Ahn menjelaskan bentuk dukungan bertahap itu dapat berupa pernyataan dukungan politik, pengiriman personel, berbagi informasi, hingga penyediaan aset militer. Namun ia menekankan belum ada pembahasan rinci terkait kemungkinan memperluas keterlibatan pasukan Korea Selatan.
“Tidak ada pembahasan mendalam mengenai hal seperti memperluas partisipasi militer kami secara spesifik,” ujarnya, seraya menambahkan bahwa keputusan apa pun harus mengikuti prosedur hukum domestik.

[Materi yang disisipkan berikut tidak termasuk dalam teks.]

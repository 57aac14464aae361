-- ===== src/Dispatch.antt =====
-- infrastructure/browser/dispatch.py: the buffer of candidate jobs between producer and workers.
pub mod Buffer
pub mod System
pub mod Sound
pub mod Delivery
pub mod Producer
pub mod Shutdown
pub mod Stopping
mod Tests
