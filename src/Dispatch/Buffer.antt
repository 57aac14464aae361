-- ===== src/Dispatch/Buffer.antt =====
-- infrastructure/browser/dispatch.py, class BoundedCandidateBuffer. `put` suspends between its
-- capacity checks, so it is a coroutine: what it does up to the next suspension or return.
use sport_crawl.Prelude.{
  ℕ, Bool, true, false, Option, none, some, List, [], ◌∷◌, ◌++◌, ◌&&◌, not, leb, ◌==◌,
  if◌then◌else◌, length, replicate, contains,
}

pub record CandidateRef : Type 0 where
  pub job_id : ℕ

-- A `none` in the queue is a sentinel. The set of ids is a list.
pub record BoundedCandidateBuffer : Type 0 where
  pub queue : List (Option CandidateRef)
  pub maxsize : ℕ
  pub seen : List ℕ
  pub closed : Bool

abbrev pub new_buffer : ℕ → BoundedCandidateBuffer
new_buffer maxsize = record { queue = []; maxsize = maxsize; seen = []; closed = false }

abbrev pub add : ℕ → List ℕ → List ℕ
add j seen = if contains j seen then seen else j ∷ seen

unfoldable pub discard : ℕ → List ℕ → List ℕ
discard j [] = []
discard j (x ∷ xs) = let rest = discard j xs in if x == j then rest else x ∷ rest

abbrev pub qsize : BoundedCandidateBuffer → ℕ
qsize b = length b.queue

unfoldable pub is_empty : BoundedCandidateBuffer → Bool
is_empty b = qsize b == 0

unfoldable pub is_exhausted : BoundedCandidateBuffer → Bool
unfolding is_empty
is_exhausted b = b.closed && is_empty b

unfoldable pub abort : BoundedCandidateBuffer → BoundedCandidateBuffer
abort b = record b { closed = true }

-- Where a call of `put` stands: it has returned, or sleeps with its id reserved.
pub data PutState : Type 0 where
  returned : Bool → PutState
  waiting : CandidateRef → PutState

-- The capacity check of the `while` loop, and what follows the loop.
unfoldable pub put_check : CandidateRef → BoundedCandidateBuffer → PutState × BoundedCandidateBuffer
put_check ref b =
    if leb b.maxsize (qsize b) && not b.closed
    then (waiting ref, b)
    else if not b.closed
    then (returned true, record b { queue = b.queue ++ some ref ∷ [] })
    else (returned false, record b { seen = discard ref.job_id b.seen })

unfoldable pub put : CandidateRef → BoundedCandidateBuffer → PutState × BoundedCandidateBuffer
put ref b =
    if b.closed
    then (returned false, b)
    else if contains ref.job_id b.seen
    then (returned false, b)
    else put_check ref (record b { seen = add ref.job_id b.seen })

-- The coroutine wakes from its sleep.
unfoldable pub put_resume :
    CandidateRef → BoundedCandidateBuffer → PutState × BoundedCandidateBuffer
put_resume = put_check

-- Where a call of `get` stands.
pub data GetState : Type 0 where
  blocked : GetState
  got : Option CandidateRef → GetState

abbrev pub take_front :
    List (Option CandidateRef) → BoundedCandidateBuffer → GetState × BoundedCandidateBuffer
take_front [] b = (blocked, b)
take_front (none ∷ rest) b = (got none, record b { queue = rest })
take_front (some ref ∷ rest) b =
    (got (some ref), record b { queue = rest; seen = discard ref.job_id b.seen })

unfoldable pub get : BoundedCandidateBuffer → GetState × BoundedCandidateBuffer
get b = take_front b.queue b

unfoldable pub close : ℕ → BoundedCandidateBuffer → BoundedCandidateBuffer
close n_workers b = record b { closed = true; queue = b.queue ++ replicate n_workers none }

unfoldable pub build_dispatch_buffer_if_enabled : Bool → ℕ → Option BoundedCandidateBuffer
build_dispatch_buffer_if_enabled enabled buffer_size =
    if not enabled then none else some (new_buffer buffer_size)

Baca Juga: Selat Hormuz Ditutup, Vietnam Ketar-ketir: Stok Kilang Nghi Son Hampir Habis
Serangan terhadap kapal Korea Selatan
Pertemuan pejabat pertahanan Korea Selatan dan AS itu berlangsung sehari setelah Seoul mengecam serangan terhadap kapal berbendera Korea Selatan di dekat Selat Hormuz pada pekan lalu.

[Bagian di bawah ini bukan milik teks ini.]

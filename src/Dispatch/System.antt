-- ===== src/Dispatch/System.antt =====
-- The buffer as its tasks see it: calls of put that sleep, gets, abort and close, in any order.
use sport_crawl.Prelude.{ℕ, zero, suc, ◌+◌, true, false, Option, none, some, List, [], ◌∷◌, ◌++◌}
use sport_crawl.Dispatch.Buffer.{
  CandidateRef, BoundedCandidateBuffer, PutState, returned, waiting, GetState, blocked, got,
  new_buffer, put, put_resume, get, abort, close,
}

-- One event of the event loop. `resume k` wakes the k-th sleeping call of put.
pub data Action : Type 0 where
  start_put : CandidateRef → Action
  resume : ℕ → Action
  start_get : Action
  start_abort : Action
  start_close : ℕ → Action

-- `accepted` holds the ids for which put returned True and `delivered` those that get returned, in
-- order; `sentinels` counts the workers that were told to stop.
pub record System : Type 0 where
  pub buffer : BoundedCandidateBuffer
  pub asleep : List CandidateRef
  pub accepted : List ℕ
  pub delivered : List ℕ
  pub sentinels : ℕ

abbrev pub new_system : ℕ → System
new_system maxsize = record {
  buffer = new_buffer maxsize;
  asleep = [];
  accepted = [];
  delivered = [];
  sentinels = 0;
}

abbrev pub put_back :
    CandidateRef
    → Option (CandidateRef × List CandidateRef)
    → Option (CandidateRef × List CandidateRef)
put_back x none = none
put_back x (some (y, rest)) = some (y, x ∷ rest)

-- One sleeping call is taken out of the list.
abbrev pub pick : ℕ → List CandidateRef → Option (CandidateRef × List CandidateRef)
pick k [] = none
pick zero (x ∷ xs) = some (x, xs)
pick (suc k) (x ∷ xs) = put_back x (pick k xs)

abbrev pub after_put : CandidateRef → PutState × BoundedCandidateBuffer → System → System
after_put ref (waiting r, b) s = record s { buffer = b; asleep = r ∷ s.asleep }
after_put ref (returned true, b) s = record s {
  buffer = b;
  accepted = s.accepted ++ ref.job_id ∷ [];
}
after_put ref (returned false, b) s = record s { buffer = b }

abbrev pub after_get : GetState × BoundedCandidateBuffer → System → System
after_get (blocked, b) s = record s { buffer = b }
after_get (got none, b) s = record s { buffer = b; sentinels = s.sentinels + 1 }
after_get (got (some ref), b) s = record s {
  buffer = b;
  delivered = s.delivered ++ ref.job_id ∷ [];
}

abbrev pub wake : Option (CandidateRef × List CandidateRef) → System → System
wake none s = s
wake (some (ref, rest)) s = after_put ref (put_resume ref s.buffer) (record s { asleep = rest })

unfoldable pub act : Action → System → System
act (start_put ref) s = after_put ref (put ref s.buffer) s
act (resume k) s = wake (pick k s.asleep) s
act start_get s = after_get (get s.buffer) s
act start_abort s = record s { buffer = abort s.buffer }
act (start_close n) s = record s { buffer = close n s.buffer }

unfoldable pub run : List Action → System → System
run [] s = s
run (a ∷ rest) s = run rest (act a s)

Kantor kepresidenan Korea Selatan mengecam keras insiden tersebut, namun menyatakan masih menyelidiki pihak yang bertanggung jawab atas serangan itu.
Dalam pertemuan tersebut, Hegseth mengatakan Washington mengharapkan para sekutu “berdiri bahu-membahu” menghadapi meningkatnya ancaman global. Ia merujuk pada persetujuan Presiden AS Donald Trump terhadap operasi yang disebutnya sebagai Operation Epic Fury, sebagai bukti ketegasan pemerintahan AS.

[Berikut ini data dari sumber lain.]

-- ===== src/Redis/ConnPool/ListMoves.antt =====
-- redis/pool.go: what each access of a goroutine to the list does to the invariant of the pool.
use smartproxy.Common.{
  ℕ, suc, ◌+◌, ◌≤◌, ◌≡◌, refl, [], ◌∷◌, ◌++◌, none, some, length, arith, ap, ◌∙◌, length-append,
  ◌⊎◌,
}
use smartproxy.Common.Int.{pos}
use smartproxy.Redis.ConnPool.Counts.{
  count, count-append, one_if_self, without-count, with_new-count,
}
use smartproxy.Redis.ConnPool.Invariant.{Inv, in_hand, dialled, is_it, any, place, excess, closes}
use smartproxy.Redis.ConnList.{
  Shared, remove_from, removed_as, replace_in, replaced_as, add_to, decr, incr,
}
use smartproxy.Redis.ConnPool.Moves.{with_at}
use smartproxy.Redis.ConnPool.{Phase}

module _ (size : ℕ) (rest : (Phase → ℕ) → ℕ) where
  -- A connection that the goroutine has is in the list.
  in_list :
      (p : Phase) (cn : ℕ) (s : Shared) (v : Inv size (with_at rest p) s)
      → in_hand p ≡ some cn
      → 1 ≤ count cn v.list
  in_list p cn s v h = omega (arith, v.owned cn, ap (is_it cn) h, one_if_self cn)

  -- It is closed and removed from the list.
  pub remove-Inv :
      (p q : Phase) (cn : ℕ) (s : Shared)
      → in_hand p ≡ some cn
      → in_hand q ≡ none
      → dialled p ≡ dialled q
      → place p ≡ place q
      → excess p ≡ excess q
      → closes p ≡ closes q
      → Inv size (with_at rest p) s
      → Inv size (with_at rest q) (remove_from s.cns cn s)
  unfolding remove_from removed_as decr
  remove-Inv p q cn s h h' d r x cl v =
      let (l, e, counts, len) = without-count cn v.list (in_list p cn s v h) in
      rw (v.opened, remove_from, e, removed_as)
        record {
          list = l;
          opened = refl;
          owned = λ c. omega (arith, v.owned c, counts c, ap (is_it c) h, ap (is_it c) h');
          single = λ c. omega (arith, v.single c, counts c, ap (is_it c) d);
          unborn = λ c low. omega (arith, v.unborn c low, counts c, ap (is_it c) d);
          counted = ap decr (
              v.counted
              ∙ ap pos {y = suc (length l + with_at rest q place + with_at rest q excess)}
                  (omega (arith, len, r, x)));
          within = omega (arith, v.within);
          held = omega (arith, v.held, ap any h, ap any h');
          no_closer = omega (arith, v.no_closer);
          safe = v.safe;
        }

  -- It is closed and the one dialled stands in its place.
  pub replace-Inv :
      (p q : Phase) (cn newcn : ℕ) (s : Shared)
      → in_hand p ≡ some cn
      → in_hand q ≡ some newcn
      → dialled p ≡ some newcn
      → dialled q ≡ none
      → place p ≡ place q
      → excess p ≡ excess q
      → closes p ≡ closes q
      → Inv size (with_at rest p) s
      → Inv size (with_at rest q) (replace_in s.cns cn newcn s)
  unfolding replace_in replaced_as
  replace-Inv p q cn newcn s h h' d d' r x cl v =
      let (l, e, counts, len) = with_new-count cn newcn v.list (in_list p cn s v h) in
      rw (v.opened, replace_in, e, replaced_as)
        record {
          list = l;
          opened = refl;
          owned = λ c. omega (arith, v.owned c, counts c, ap (is_it c) h, ap (is_it c) h');
          single = λ c. omega (arith, v.single c, counts c, ap (is_it c) d, ap (is_it c) d');
          unborn =
              λ c low. omega (arith, v.unborn c low, counts c, ap (is_it c) d, ap (is_it c) d');
          counted = v.counted ∙ ap pos (omega (arith, len));
          within = omega (arith, v.within);
          held = omega (arith, v.held, ap any h, ap any h');
          no_closer = omega (arith, v.no_closer);
          safe = v.safe;
        }

  -- The one dialled takes the place that was reserved for it.
  pub add-Inv :
      (p q : Phase) (cn : ℕ) (s : Shared)
      → in_hand p ≡ none
      → in_hand q ≡ some cn
      → dialled p ≡ some cn
      → dialled q ≡ none
      → place p ≡ suc (place q)
      → excess p ≡ excess q
      → closes p ≡ closes q
      → Inv size (with_at rest p) s
      → Inv size (with_at rest q) (record s { cns = some (add_to s.cns cn) })
  unfolding add_to
  add-Inv p q cn s h h' d d' r x cl v =
      rw (v.opened, add_to)
        record {
          list = v.list ++ cn ∷ [];
          opened = refl;
          owned = λ c.
              omega (arith, v.owned c, count-append c v.list cn, ap (is_it c) h, ap (is_it c) h');
          single = λ c.
              omega (arith, v.single c, count-append c v.list cn, ap (is_it c) d, ap (is_it c) d');
          unborn = λ c low.
              omega
                (arith, v.unborn c low, count-append c v.list cn, ap (is_it c) d, ap (is_it c) d');
          counted = v.counted ∙ ap pos (omega (arith, length-append v.list (cn ∷ [])));
          within = omega (arith, v.within, length-append v.list (cn ∷ []));
          held = omega (arith, v.held, ap any h, ap any h', length-append v.list (cn ∷ []));
          no_closer = omega (arith, v.no_closer);
          safe = v.safe;
        }

  -- The counter is raised, for a place if there is one.
  pub raise-Inv :
      (p q : Phase) (s : Shared)
      → in_hand p ≡ in_hand q
      → dialled p ≡ dialled q
      → suc (place p + excess p) ≡ place q + excess q
      → closes p ≡ closes q
      → ((n : ℕ) → s.len ≡ pos n → place q ≤ place p ⊎ (suc n ≤ size))
      → place q ≤ suc (place p)
      → Inv size (with_at rest p) s
      → Inv size (with_at rest q) (record s { len = incr s.len })
  unfolding incr
  raise-Inv p q s h d n cl room up v = record {
    list = v.list;
    opened = v.opened;
    owned = λ c. omega (arith, v.owned c, ap (is_it c) h);
    single = λ c. omega (arith, v.single c, ap (is_it c) d);
    unborn = λ c low. omega (arith, v.unborn c low, ap (is_it c) d);
    counted = ap incr v.counted ∙ ap pos (omega (arith, n));
    within = ground (arith, v.within, room _ v.counted);
    held = omega (arith, v.held, ap any h);
    no_closer = omega (arith, v.no_closer);
    safe = v.safe;
  }

  -- It is lowered, by a goroutine that had raised it.
  pub lower-Inv :
      (p q : Phase) (s : Shared)
      → in_hand p ≡ in_hand q
      → dialled p ≡ dialled q
      → place p + excess p ≡ suc (place q + excess q)
      → place q ≤ place p
      → closes p ≡ closes q
      → Inv size (with_at rest p) s
      → Inv size (with_at rest q) (record s { len = decr s.len })
  unfolding decr
  lower-Inv p q s h d n less cl v = record {
    list = v.list;
    opened = v.opened;
    owned = λ c. omega (arith, v.owned c, ap (is_it c) h);
    single = λ c. omega (arith, v.single c, ap (is_it c) d);
    unborn = λ c low. omega (arith, v.unborn c low, ap (is_it c) d);
    counted = ap decr (
        v.counted
        ∙ ap pos {y = suc (length v.list + with_at rest q place + with_at rest q excess)}
            (omega (arith, n)));
    within = omega (arith, v.within, less);
    held = omega (arith, v.held, ap any h);
    no_closer = omega (arith, v.no_closer);
    safe = v.safe;
  }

Hegseth juga memuji rencana Korea Selatan untuk meningkatkan belanja pertahanan dan mengambil tanggung jawab lebih besar atas keamanan Semenanjung Korea, menyebutnya sebagai contoh pembagian beban aliansi.
Secara terpisah, Ahn mengatakan kepada wartawan bahwa Hegseth memahami posisi Korea Selatan terkait transfer kendali operasional masa perang (OPCON) dari AS kepada Korea Selatan yang berbasis kondisi tertentu, serta target untuk menyelesaikan transisi itu lebih cepat.
Tonton: Harga Keekonomian Pertamax Rp 17.000, Beban Kompensasi Pemerintah Makin Membengkak
Menurut Yonhap, Ahn juga menyebut kedua pihak bertukar pandangan mengenai isu aliansi lain, termasuk rencana pembangunan kapal selam bertenaga nuklir.
Ia menambahkan tidak ada pembahasan dalam pertemuan tersebut mengenai pengurangan jumlah pasukan AS yang ditempatkan di Korea Selatan maupun mengenai fleksibilitas strategis pasukan AS yang berada di negara itu.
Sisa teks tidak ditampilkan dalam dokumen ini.